How am I going to contend with Claudine Prolifka? I am a reasonable man, I don't believe in miracles or ghosts, yet I am faced with the undeniable evidence that our new Guest Activities Hostess is a woman four score and upwards, a woman who should be in the clubhouse with the rest of us.
I have checked myself in my shaving mirror–and I am I, just as I am today, not as I may have been when Heidi and I were lovers. How can I be as I am, and she be as she is? Something has gone wrong. Something is out of joint. I'm not blind and I'm not forgetting the greater part of my life was spent with another woman I grew to love even more dearly and with whom I fathered three sons–one now in Minneapolis, one in Atlanta and the other buried beside her in Evergreen. Heidi and I never got off the ground.

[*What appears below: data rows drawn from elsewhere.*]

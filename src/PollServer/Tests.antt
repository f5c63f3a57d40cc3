-- ===== src/PollServer/Tests.antt =====
-- Rounds of socket/poll/poll.cpp with one client.
use codespaces_blank.Prelude.{
  ◌+◌, ◌≤◌, length, ◌≡◌, ◌≢◌, refl, true, false, [], ◌∷◌, some, arith, set, total, if◌then◌else◌,
  ◌==◌,
}
use codespaces_blank.PollServer.{
  Mask, Server, Answer, ok, initial_server, watched, drop_connection, add_connection, round,
  out_of_fuel, pass, done, polled, Turn, serve, no_events,
}
use codespaces_blank.PollServer.Ends.{pass_ends}
use codespaces_blank.PollServer.Balance.{held, closes, accepts}
use codespaces_blank.PollServer.Runs.{connections_balance}
use codespaces_blank.PollServer.Connections.{Refines, round-Refines}

abbrev readable : Mask
readable = record { pollin = true; pollout = false; pollrdhup = false; pollerr = false }

abbrev hung_up : Mask
hung_up = record { pollin = true; pollout = false; pollrdhup = true; pollerr = false }

abbrev answer : Answer
answer = record { accept = some 7; recv = some (104 ∷ 105 ∷ []); send = ok }

-- The listening socket 3 is ready for a connection, and client 5 has hung up.
abbrev serving : Server
serving = record (initial_server 3) {
  fds =
      set (set (initial_server 3).fds 0 (record (watched 3) { revents = readable })) 1
        (record (watched 5) { revents = hung_up });
  used = 2;
}

pass_ends_example : pass 5 3 (λ n. answer) 0 serving ≢ out_of_fuel
pass_ends_example = pass_ends 5 3 (λ n. answer) serving (omega arith)

-- Client 7 connects in the first turn, and hangs up in the second.
abbrev connects : Turn
connects = record { found = λ i. readable; answers = λ n. answer }

abbrev hangs_up : Turn
hangs_up = record { found = λ i. if i == 0 then no_events else hung_up; answers = λ n. answer }

abbrev ended : Server
ended =
    drop_connection 1
      (polled hangs_up.found 2 (add_connection 7 (polled connects.found 1 (initial_server 3))))

serve_ended : serve 3 (connects ∷ hangs_up ∷ []) (initial_server 3) ≡ done ended
unfolding serve pass round polled add_connection drop_connection
serve_ended = refl

connections_balance_example :
    (held 7 ended + total (closes 7) ended.log ≡ 0 + total (accepts 7) ended.log)
    × (ended.used ≤ length ended.fds)
unfolding polled add_connection drop_connection
connections_balance_example =
    connections_balance 7 3 (connects ∷ hangs_up ∷ []) ended serve_ended refl

round-Refines_example : Refines answer serving (round 3 answer 1 serving)
round-Refines_example = round-Refines 3 answer 1 serving (omega arith) (omega arith)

With the slipping away of Seymour and the coming of Hugo, my mind is in a whirl. Perhaps the night will bring an answer. It often does. I have always believed that if one sleeps alone one can solve the problems that the world cannot solve on its own.
O'Casey tells me it's dinner time. "Shake your ass and get down there," she tells me.
"Would the world suffer if I ate here in my room?"
"Look, this ain't the Plaza, Dexter ain't meals on wheels–you're one of the ambulatories–move it–move it!"
Prodding is one thing O'Casey does well–at both ends of the spectrum, and there was no way I could explain the spot I was in, so I pulled myself together and followed her slowly down the stairs knowing I would see Heidi/Claudine sitting at the staff table.